Likewise, the first district in Hughes held that section 324.021(9)(b)2 "merely limits the liability of short-term lessors. It does not preclude an individual suffering from injuries arising from a vehicle accident from suing the lessee or operator of the vehicle.... A plaintiff can always recover additional damages from the lessee or operator." 833 So.2d at 838. Because limiting vicarious liability does not equate to the denial of access to courts, we decline to address Sontay's argument as to the lack of an expressed public necessity for the legislation. See Kluger v. White, 281 So. 2d 1, 4 (Fla.1973).
Sontay next argues that section 324.021(9)(b)2 violates his constitutional right to a trial by jury. Sontay relies on Smith v. Department of Insurance, 507 So. 2d 1080, 1088-89 (Fla.1987) for the proposition that:
[a] plaintiff who receives a jury verdict for, e.g., $1,000,000, has not received a constitutional redress of injuries if the legislature statutorily, and arbitrarily, caps the recovery at $450,000. Nor, we add, because the jury verdict is being arbitrarily capped, is the plaintiff receiving the constitutional benefit of a jury trial as we have heretofore understood that right.
However, Smith dealt with a damage cap with regard to the actual wrongdoer. Capping the liability of the faultless owner, while leaving the unlimited liability of the wrongdoer intact, does not deprive a plaintiff of the constitutional benefit of a jury trial. See Hughes, 833 So.2d at 838.
Sontay's final argument is that section 324.021(9)(b)2 violates his rights to due process and equal protection. First he claims the statute is not rationally related to a legitimate legislative goal. See Folmar v. Young, 591 So. 2d 220, 224 (Fla. 4th DCA 1991). We disagree.
Through Chapter 99-225, the Legislature sought to shift some of the responsibility for damages due to the operation of the motor vehicle from the owner of a motor vehicle to the operator/lessee of the vehicle in short term leases. See H.R. Comm. on Judiciary, Analysis of HB 775. The statute shifts more of the liability to the actual tortfeasor.
Hughes, 833 So.2d at 839. Accordingly, we believe the statute's purpose of shifting liability from those without fault to those with fault is a legitimate legislative goal to which the statute is rationally related.

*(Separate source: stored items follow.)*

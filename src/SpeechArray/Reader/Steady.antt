-- ===== src/SpeechArray/Reader/Steady.antt =====
-- A handle of speech/src/speecharray.c between two calls of `SpeechArrayRead`, and how much the next
-- one asks for.
use program_learning.Prelude.{
  ℕ, ◌+◌, ◌-◌, ◌*◌, ◌/◌, ◌%◌, ◌≤◌, ◌<◌, ◌≡◌, refl, ap, ap₂, ◌∙◌, inl, inr, false, arith, length,
  ltb, Bool-cases,
}
use native.Mathlib.Nat.{mod-lt, mod-add-div, add-mul-mod_self_left, mod-eq_of_lt, mul_assoc}
use program_learning.SpeechArray.Reader.{Handle, read_size, bounded, round_up}
use program_learning.SpeechArray.Reader.Ready.{Ready}

-- A handle for samples of six channels of sixteen bits, on a device whose buffer has `half` words and
-- whose frames have `a`, with `p` words left from the last call.
pub record Steady (h : Handle) (p half a : ℕ) : Type 0 where
  pub out : h.out_align ≡ 12
  pub size : h.buff_size ≡ 8 * half
  pub buffer_size : length h.buffer ≡ 2 * half
  pub left : h.data_size ≡ 4 * p
  pub align : h.hw_align ≡ 4 * a
  pub ratio_4 : h.ratio ≡ 4
  pub room : p + 11 ≤ half
  pub some_align : 0 < a
  pub small : a + 11 ≤ half

-- `round_up` of words.
mod_words : (x a : ℕ) → 0 < a → 4 * x % (4 * a) ≡ 4 * (x % a)
mod_words x a h =
    ap (λ t. t % (4 * a)) split
    ∙ add-mul-mod_self_left (4 * (x % a)) (4 * a) (x / a)
    ∙ mod-eq_of_lt (omega (arith, mod-lt x h))
  where
    split : 4 * x ≡ 4 * (x % a) + 4 * a * (x / a)
    split = omega (arith, mod-add-div x a, mul_assoc 4 a (x / a))

round_up_words : (x a : ℕ) → 0 < a → round_up (4 * x) (4 * a) ≡ 4 * round_up x a
round_up_words x a h = ground (arith, mod_words x a h, next)
  where
    next : (4 * x + 4 * a) % (4 * a) ≡ 4 * ((x + a) % a)
    next = ap (λ t. t % (4 * a)) {y = 4 * (x + a)} (omega arith) ∙ mod_words (x + a) a h

round_up-near : (x a : ℕ) → round_up x a ≤ x + a
round_up-near x a = ground arith

module _ (h : Handle) (p half a : ℕ) (s : Steady h p half a) (n : ℕ) (large : half ≤ n)
    (small : n + a + 11 ≤ 2 * half) where
  -- The call asks for whole words, there is room for them, what it leaves does not overlap with what it
  -- parses, and is few enough for the next call.
  pub read_size-words :
      (w : ℕ) × (read_size h n ≡ 4 * w)
      × (p + w + 11 ≤ 2 * half)
      × (p + w ≤ n + n)
      × (p + w - n + 11 ≤ half)
  read_size-words = elim (Bool-cases (ltb (4 * words) (h.buff_size / 2))) [
    | inl few ↦ (
      half,
      rw (more, rounded, few) (omega (arith, s.size)),
      omega (arith, s.room),
      omega (arith, s.room),
      omega (arith, s.room),
    )
    | inr many ↦ (
      words,
      rw (more, rounded, many) refl,
      omega (arith, s.room, round_up-near (n - p) a, s.small),
      omega (arith, s.room, round_up-near (n - p) a, s.small),
      omega (arith, s.room, round_up-near (n - p) a, s.small),
    )
  ]
    where
      more : ltb (n * 4) h.data_size ≡ false
      more = ground (arith, s.left, s.room)

      words : ℕ
      words = round_up (n - p) a

      rounded : round_up (n * h.ratio - h.data_size) h.hw_align ≡ 4 * words
      rounded =
          ap₂ round_up (ap₂ (λ r d. n * r - d) s.ratio_4 s.left ∙ (omega arith)) s.align
          ∙ round_up_words (n - p) a s.some_align

  pub bounded-len : bounded h n ≡ n
  bounded-len = rw not_more refl
    where
      most : h.buff_size / h.ratio ≡ 2 * half
      most = ap₂ (λ x y. x / y) s.size s.ratio_4 ∙ (omega arith)

      not_more : ltb (h.buff_size / h.ratio) n ≡ false
      not_more = ground (arith, most)

  pub Steady-Ready : (w : ℕ) → p + w + 11 ≤ 2 * half → Ready h p w (2 * half)
  Steady-Ready w room = record {
    whole = omega (arith, s.size);
    buffer_size = s.buffer_size;
    left = s.left;
    room = room;
    ratio_4 = s.ratio_4;
    aligned = omega (arith, s.align, s.some_align);
  }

Sontay further contends that the statute is discriminatory, most notably arguing that the damages cap, in effect, distinguishes between serious and modest injuries, thereby discriminating against those who become disabled. The supreme court has already held that abolishing vicarious liability of long-term lessors does not "discriminate against plaintiffs suffering the worst injuries by eliminating possible recovery from the lessor in view of the *320 unlimited ability to recover from the lessee." Abdala, 583 So.2d at 334. We find Abdala to be applicable here as well. Likewise, the first district in Hughes held "the damages cap applies to all plaintiffs. The statute does not contain any arbitrary or oppressive classifications." 833 So.2d at 839. We find Sontay's other arguments challenging due process and equal protection to be unpersuasive, as he has failed to meet his great burden with respect to constitutional challenges. See Hughes. We also feel no need to comment on Sontay's remaining argument regarding the negligent entrustment claim.
AFFIRMED.
MAY, J., and DAMOORGIAN, DORIAN, Associate Judge, concur.